Frankenstein’s „monster” is rejected by the world in which he so desperately wants to fit, but the readers get to hear his perspective, train of thought and the way in which he processes trauma. As an example, the „monster” helps the family in the forest, portraying a minimizing mirror of society, to whom he grows an emotional attachment without their knowledge of it, by reconstructing their home when it’s broken. He is treated as an equal by the only member of the family who was unable to see him (“‘Enter,’ said De Lacey, ‘and I will try in what manner I can to relieve your wants; but unfortunately my children are from home and, as I am blind, I am afraid I shall find it difficult to procure food for you.’” (Shelley 109), but he is driven away by the others who had no visual difficulty, proving that the only difference that makes him unwanted and secluded from society is a superficial one. Another example is when the creature saves a man from drowning and, due to his unusual appearance, he is met with yet another act of violence and rejection by the witnesses of the event.

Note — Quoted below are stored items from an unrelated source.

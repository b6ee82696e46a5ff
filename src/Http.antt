-- ===== src/Http.antt =====
-- What a handler does that others can see, in order: the calls on gin's response writer, on the
-- Prometheus instruments, on the backend's client and on the log. Gin and Prometheus themselves
-- are not modelled: a call is an event.
pub mod Counting
pub mod Totals
pub mod Rpcs
use ai_gateway_monitor.Common.{ℕ, Bool, String, List, [], ◌∷◌, ℤ, str_eq, if◌then◌else◌}
use ai_gateway_monitor.Proto.{IrisPredictRequest, ModelPredictRequest}

-- `gin.H` values. `seconds n` is the quotient `float64(n) / 1e9`.
mutual
  pub data Json : Type 0 where
    str : String → Json
    int : ℤ → Json
    flag : Bool → Json
    seconds : ℤ → Json
    obj : Members → Json

  pub data Members : Type 0 where
    end : Members
    member : String → Json → Members → Members

pub data Request : Type 0 where
  iris : IrisPredictRequest → Request
  model : ModelPredictRequest → Request

pub data Event : Type 0 where
  -- c.JSON(status, body)
  respond : (status : ℕ) → Json → Event
  -- c.Header(key, value)
  set_header : (key value : String) → Event
  -- c.SSEvent(name, data)
  sse : (name : String) → Json → Event
  -- metrics.HTTPRequestsTotal.WithLabelValues(path, status).Inc()
  count_request : (path status : String) → Event
  -- the deferred timer.ObserveDuration() of metrics.HTTPDuration
  observe_http : (path : String) → Event
  -- metrics.GRPCRequestDuration.WithLabelValues(method, status).Observe(...)
  observe_grpc : (method status : String) → Event
  -- metrics.AITokensTotal.WithLabelValues(model).Add(...)
  add_tokens : (model : String) → ℤ → Event
  -- metrics.AIGenerationDuration.WithLabelValues(model).Observe(float64(ns) / 1e9)
  observe_generation : (model : String) → (ns : ℤ) → Event
  -- an RPC with the timeout of its context
  call : (method : String) → (timeout : ℤ) → Request → Event
  -- slog.Error(message, ...)
  log_error : (message : String) → Event

-- The parts of an HTTP request that the handlers read besides the body: the X-Request-ID header,
-- "" if it is not there, and the UUID that `uuid.New` gives if it is asked.
pub record Context : Type 0 where
  pub x_request_id : String
  pub new_uuid : String

abbrev pub status_ok : ℕ
status_ok = 200

abbrev pub status_bad_request : ℕ
status_bad_request = 400

abbrev pub status_internal_server_error : ℕ
status_internal_server_error = 500

abbrev pub status_service_unavailable : ℕ
status_service_unavailable = 503

abbrev pub status_gateway_timeout : ℕ
status_gateway_timeout = 504

unfoldable pub request_id : Context → String
request_id c = if str_eq c.x_request_id "" then c.new_uuid else c.x_request_id
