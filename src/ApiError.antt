-- ===== src/ApiError.antt =====
-- service_go/handlers/api_error.go: the HTTP error contract and the translation of gRPC errors.
-- The status package of gRPC is third-party code, and a parameter (`GrpcErrors`).
pub mod Contract
mod Examples
use ai_gateway_monitor.Common.{
  ℕ, ◌≡◌, ◌≢◌, Bool, true, false, String, List, [], ◌∷◌, ◌==◌, if◌then◌else◌, pos,
}
use ai_gateway_monitor.Go.Strconv.{itoa}
use ai_gateway_monitor.Http.{
  Json, str, obj, end, member, Event, respond, count_request, Context, request_id,
  status_bad_request, status_internal_server_error, status_service_unavailable,
  status_gateway_timeout,
}

abbrev pub code_model_timeout : String
code_model_timeout = "MODEL_TIMEOUT"

abbrev pub code_backend_unavailable : String
code_backend_unavailable = "BACKEND_UNAVAILABLE"

abbrev pub code_invalid_argument : String
code_invalid_argument = "INVALID_ARGUMENT"

abbrev pub code_internal_error : String
code_internal_error = "INTERNAL_ERROR"

abbrev pub code_stream_error : String
code_stream_error = "STREAM_ERROR"

pub record ApiError : Type 0 where
  pub code : String
  pub message : String
  pub request_id : String

-- The JSON of an `APIError`, under its field tags.
abbrev pub to_json : ApiError → Json
to_json e = obj (
    member "code" (str e.code)
      (member "message" (str e.message) (member "request_id" (str e.request_id) end)))

-- Go errors and google.golang.org/grpc/{status, codes}: `from_error` is `status.FromError`.
pub record GrpcErrors : Type 1 where
  pub Err : Type 0
  pub text : Err → String
  pub Status : Type 0
  pub from_error : Err → Status × Bool
  pub code : Status → ℕ
  pub message : Status → String
  pub deadline_exceeded : ℕ
  pub unavailable : ℕ
  pub invalid_argument : ℕ

-- The three codes are different constants.
pub record HasDistinctCodes (g : GrpcErrors) : Type 0 where
  pub deadline_ne_unavailable : g.deadline_exceeded ≢ g.unavailable
  pub deadline_ne_invalid : g.deadline_exceeded ≢ g.invalid_argument
  pub unavailable_ne_invalid : g.unavailable ≢ g.invalid_argument

abbrev unnamed : String → String → ApiError
unnamed code message = record { code = code; message = message; request_id = "" }

module _ (g : GrpcErrors) where
  -- The `switch` on the status code.
  from_status : g.Status → ApiError × ℕ
  from_status st =
      if g.code st == g.deadline_exceeded
      then (unnamed code_model_timeout (g.message st), status_gateway_timeout)
      else if g.code st == g.unavailable
      then (unnamed code_backend_unavailable (g.message st), status_service_unavailable)
      else if g.code st == g.invalid_argument
      then (unnamed code_invalid_argument (g.message st), status_bad_request)
      else (unnamed code_internal_error (g.message st), status_internal_server_error)

  unfoldable pub api_error_from_grpc : g.Err → ApiError × ℕ
  unfolding from_status
  api_error_from_grpc e =
      if (g.from_error e).1
      then from_status (g.from_error e).0
      else (unnamed code_internal_error (g.text e), status_internal_server_error)

  unfoldable pub write_grpc_error : Context → String → g.Err → List Event
  write_grpc_error c path e =
      let (api_err, http_status) = api_error_from_grpc e in
      let api_err' = record api_err { request_id = request_id c } in
      count_request path (itoa (pos http_status)) ∷ respond http_status (to_json api_err') ∷ []

unfoldable pub write_validation_error : Context → String → String → List Event
write_validation_error c path message =
    count_request path "400"
    ∷ respond status_bad_request (
        to_json
          (record { code = code_invalid_argument; message = message; request_id = request_id c }))
    ∷ []
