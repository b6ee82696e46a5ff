-- ===== src/Http/Counting.antt =====
-- Readings of a trace of events: what was answered, counted, measured and called.
use ai_gateway_monitor.Common.{ℕ, ◌≡◌, String, List, [], ◌∷◌, ℤ, pos}
use ai_gateway_monitor.Go.Strconv.{itoa}
use ai_gateway_monitor.Http.{
  Json, Event, Request, respond, sse, count_request, observe_http, observe_grpc, add_tokens, call,
}

abbrev pub responses : List Event → List (ℕ × Json)
responses [] = []
responses (respond s b ∷ t) = (s, b) ∷ responses t
responses (_ ∷ t) = responses t

abbrev pub counted : List Event → List (String × String)
counted [] = []
counted (count_request p s ∷ t) = (p, s) ∷ counted t
counted (_ ∷ t) = counted t

abbrev pub http_timings : List Event → List String
http_timings [] = []
http_timings (observe_http p ∷ t) = p ∷ http_timings t
http_timings (_ ∷ t) = http_timings t

abbrev pub grpc_timings : List Event → List (String × String)
grpc_timings [] = []
grpc_timings (observe_grpc m s ∷ t) = (m, s) ∷ grpc_timings t
grpc_timings (_ ∷ t) = grpc_timings t

abbrev pub calls : List Event → List (String × ℤ × Request)
calls [] = []
calls (call m t r ∷ rest) = (m, t, r) ∷ calls rest
calls (_ ∷ rest) = calls rest

abbrev pub sse_events : List Event → List (String × Json)
sse_events [] = []
sse_events (sse n d ∷ t) = (n, d) ∷ sse_events t
sse_events (_ ∷ t) = sse_events t

abbrev pub tokens : List Event → List (String × ℤ)
tokens [] = []
tokens (add_tokens m n ∷ t) = (m, n) ∷ tokens t
tokens (_ ∷ t) = tokens t

-- The request to `path` is answered by one JSON response; it is counted once, under the path and
-- the status of that response, and timed once.
abbrev pub AnswersWith : String → ℕ × Json → List Event → Type 0
AnswersWith path (status, body) t =
    (responses t ≡ (status, body) ∷ [])
    × (counted t ≡ (path, itoa (pos status)) ∷ [])
    × (http_timings t ≡ path ∷ [])
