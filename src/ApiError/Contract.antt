-- ===== src/ApiError/Contract.antt =====
-- The error contract as a relation, and its agreement with the code.
use mathlib.Core.Path.{subst}
use ai_gateway_monitor.Common.{
  ℕ, ap, sym, ◌∙◌, str_eq, ◌==◌, if◌then◌else◌, ◌≡◌, ◌≢◌, ◌↔◌, refl, true, false, String, [], ◌∷◌,
  arith, pos, eq_iff,
}
use ai_gateway_monitor.Go.Strconv.{itoa}
use ai_gateway_monitor.Http.{Context, request_id, str, obj, member, end, Json}
use ai_gateway_monitor.Http.Counting.{responses, counted}
use ai_gateway_monitor.ApiError.{
  GrpcErrors, HasDistinctCodes, api_error_from_grpc, write_grpc_error,
}

-- The table in the comment of `APIErrorFromGRPC`: gRPC error, code, HTTP status, message.
pub data Maps (g : GrpcErrors) (e : g.Err) : String → ℕ → String → Type 0 where
  deadline_exceeded :
      (g.from_error e).1 ≡ true
      → g.code (g.from_error e).0 ≡ g.deadline_exceeded
      → Maps g e "MODEL_TIMEOUT" 504 (g.message (g.from_error e).0)
  unavailable :
      (g.from_error e).1 ≡ true
      → g.code (g.from_error e).0 ≡ g.unavailable
      → Maps g e "BACKEND_UNAVAILABLE" 503 (g.message (g.from_error e).0)
  invalid_argument :
      (g.from_error e).1 ≡ true
      → g.code (g.from_error e).0 ≡ g.invalid_argument
      → Maps g e "INVALID_ARGUMENT" 400 (g.message (g.from_error e).0)
  other_code :
      (g.from_error e).1 ≡ true
      → g.code (g.from_error e).0 ≢ g.deadline_exceeded
      → g.code (g.from_error e).0 ≢ g.unavailable
      → g.code (g.from_error e).0 ≢ g.invalid_argument
      → Maps g e "INTERNAL_ERROR" 500 (g.message (g.from_error e).0)
  not_grpc : (g.from_error e).1 ≡ false → Maps g e "INTERNAL_ERROR" 500 (g.text e)

-- Either of code and status gives the other.
abbrev status_of : String → ℕ
status_of code =
    if str_eq code "MODEL_TIMEOUT"
    then 504
    else if str_eq code "BACKEND_UNAVAILABLE"
    then 503
    else if str_eq code "INVALID_ARGUMENT"
    then 400
    else 500

abbrev code_of : ℕ → String
code_of status =
    if status == 504
    then "MODEL_TIMEOUT"
    else if status == 503
    then "BACKEND_UNAVAILABLE"
    else if status == 400
    then "INVALID_ARGUMENT"
    else "INTERNAL_ERROR"

Maps-agree :
    (g : GrpcErrors) {e : g.Err} {code : String} {status : ℕ} {message : String}
    → Maps g e code status message
    → (status ≡ status_of code) × (code ≡ code_of status)
Maps-agree g (deadline_exceeded _ _) = (refl, refl)
Maps-agree g (unavailable _ _) = (refl, refl)
Maps-agree g (invalid_argument _ _) = (refl, refl)
Maps-agree g (other_code _ _ _ _) = (refl, refl)
Maps-agree g (not_grpc _) = (refl, refl)

module _ (g : GrpcErrors) where
  -- Every error has a place in the table, and the code finds it.
  api_error-Maps :
      (e : g.Err) → let (a, status) = api_error_from_grpc g e in Maps g e a.code status a.message
  unfolding api_error_from_grpc
  api_error-Maps e =
      grind (arith, deadline_exceeded, unavailable, invalid_argument, other_code, not_grpc)

  -- The table has one answer for each error.
  Maps-api_error :
      HasDistinctCodes g
      → (e : g.Err) {code : String} {status : ℕ} {message : String} → Maps g e code status message
      → api_error_from_grpc g e
        ≡ (record { code = code; message = message; request_id = "" }, status)
  unfolding api_error_from_grpc
  Maps-api_error d e (deadline_exceeded grpc h) = ground arith
  Maps-api_error d e (unavailable grpc h) = ground (arith, d)
  Maps-api_error d e (invalid_argument grpc h) = ground (arith, d)
  Maps-api_error d e (other_code grpc h k l) = ground arith
  Maps-api_error d e (not_grpc grpc) = ground arith

  -- The code finds the entry of the contract's table for every error, and the table has only that
  -- one entry for it, provided that the three gRPC codes are different.
  pub api_error_iff_Maps :
      HasDistinctCodes g
      → (e : g.Err) (code : String) (status : ℕ) (message : String)
      → Maps g e code status message ↔ (
          api_error_from_grpc g e
          ≡ (record { code = code; message = message; request_id = "" }, status))
  api_error_iff_Maps d e code status message = (Maps-api_error d e, λ same. Maps_of_eq same)
    where
      Maps_of_eq :
          api_error_from_grpc g e
            ≡ (record { code = code; message = message; request_id = "" }, status)
          → Maps g e code status message
      Maps_of_eq same = subst (λ r. Maps g e r.0.code r.1 r.0.message) same (api_error-Maps e)

  -- Clients may branch on the code: two errors have the same code exactly if they have the same
  -- HTTP status.
  code_iff_status :
      (e e' : g.Err)
      → ((api_error_from_grpc g e).0.code ≡ (api_error_from_grpc g e').0.code)
        ↔ ((api_error_from_grpc g e).1 ≡ (api_error_from_grpc g e').1)
  code_iff_status e e' = (
    λ h.
        (Maps-agree g (api_error-Maps e)).0
        ∙ ap status_of h
        ∙ sym (Maps-agree g (api_error-Maps e')).0,
    λ h.
        (Maps-agree g (api_error-Maps e)).1
        ∙ ap code_of h
        ∙ sym (Maps-agree g (api_error-Maps e')).1,
  )

-- No error is answered with 200.
pub api_error-ne-200 : (g : GrpcErrors) (e : g.Err) → (api_error_from_grpc g e).1 ≢ 200
unfolding api_error_from_grpc
api_error-ne-200 g e = ground arith

-- The request identifier in an error body is never empty: it is the caller's, if there is one.
pub request_id-ne-nil : (c : Context) → c.new_uuid ≢ "" → request_id c ≢ ""
unfolding request_id
request_id-ne-nil c h = ground (arith, eq_iff c.x_request_id "")

-- The body of an error, with everything in it that a client is told.
abbrev pub error_body : String → String → Context → Json
error_body code message c = obj (
    member "code" (str code)
      (member "message" (str message) (member "request_id" (str (request_id c)) end)))

module _ (g : GrpcErrors) (c : Context) (path : String) where
  pub write_grpc_error-responses :
      (e : g.Err)
      → responses (write_grpc_error g c path e)
        ≡ (
          (api_error_from_grpc g e).1,
          error_body (api_error_from_grpc g e).0.code (api_error_from_grpc g e).0.message c,
        )
          ∷ []
  unfolding write_grpc_error
  write_grpc_error-responses e = refl

  pub write_grpc_error-counted :
      (e : g.Err)
      → counted (write_grpc_error g c path e) ≡ (path, itoa (pos (api_error_from_grpc g e).1)) ∷ []
  unfolding write_grpc_error
  write_grpc_error-counted e = refl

Therefore, no matter how good-natured his actions were, the „monster” could not be understood by society because they did not want to see his actions and their meaning truly and fully, being able to perceive only the insignificant (physical) differences.

The most important aspect discussed in Spivak’s essay represents the ownership of inequality and the way in which Western culture addresses the Other. Western readers do not manifest an interest in other writers that do not belong to the same paradigm. In Frankenstein, this detail is illustrated by the presentation of the creation of the „monster” from both Victor Frankenstein’s and the “monster’s” perspective and the different reactions to these events of Walton’s. During their interaction, Walton puts Victor on a pedestal due to the admiration he has for the scientist. When the creature tells his own story, Walton does not empathize in the least with him. The „monster” is not his equal because of the lack of physical resemblance between the two of them. Here, the subaltern is given the impression that he can speak for himself, that he can have his side – his voice – heard. But the „monster” has no credibility and is not paid attention to by the representative of Western culture (Walton). Therefore, one can deduce that his voice is not to be heard by the representatives of his present that reject him, being trapped in their world filled with social rites, emptied of meaning and understanding, but by the readers. As such, one can argue that Frankenstein can be read as a subversive and primitive manifesto for the condition of the subaltern. What’s more, the novel also presents the reader with the fact that women have no voice: they exist in the text, as in nineteenth century society, only as an embodiment of tranquility for the male protagonist. They appear throughout the text (firstly his mother and then Elizabeth) as submissive side-characters whose only purpose is to bring happiness to Victor Frankenstein. Their role is true to life for the epoch, the woman being portrayed as a supporting character with no complexity or depth. This void of characteristics is purposefully allowed to exist in Mary Shelley’s novel to shed light on this attitude in society.  

Frankenstein shows, in a fairly anachronical manner, if we decide to read it as postcolonial novel, the endeavors to encapsulate a set of ideals that target the revolutionary movements regarding the acts of empowering and giving a voice to marginalized categories of people and giving them the possibility to be a full, well-rounded subject, not just a mere object of discussion.

Works cited:

Abdalkafor, Ola. „Gayatri Spivak.” Deconstruction and the Ethics of Postcolonial Literary Interpretation, Cambridge Scholars Publishing, London, 2015. 

Gordon, Lewis R. Decolonializing Frankenstein: There are two monsters in Mary Shelley’s novel: Victor, and creature. The Common Reader, October 26, 2018, Decolonializing Frankenstein – Common Reader (wustl.edu).

Shelley, Mary. Frankenstein, Alma Classics, London, 2021.

Spivak, Gayatri. „Can the Subaltern Speak?” Colonial Discourse and Post-colonial Theory: A Reader, Columbia University Press, 1993.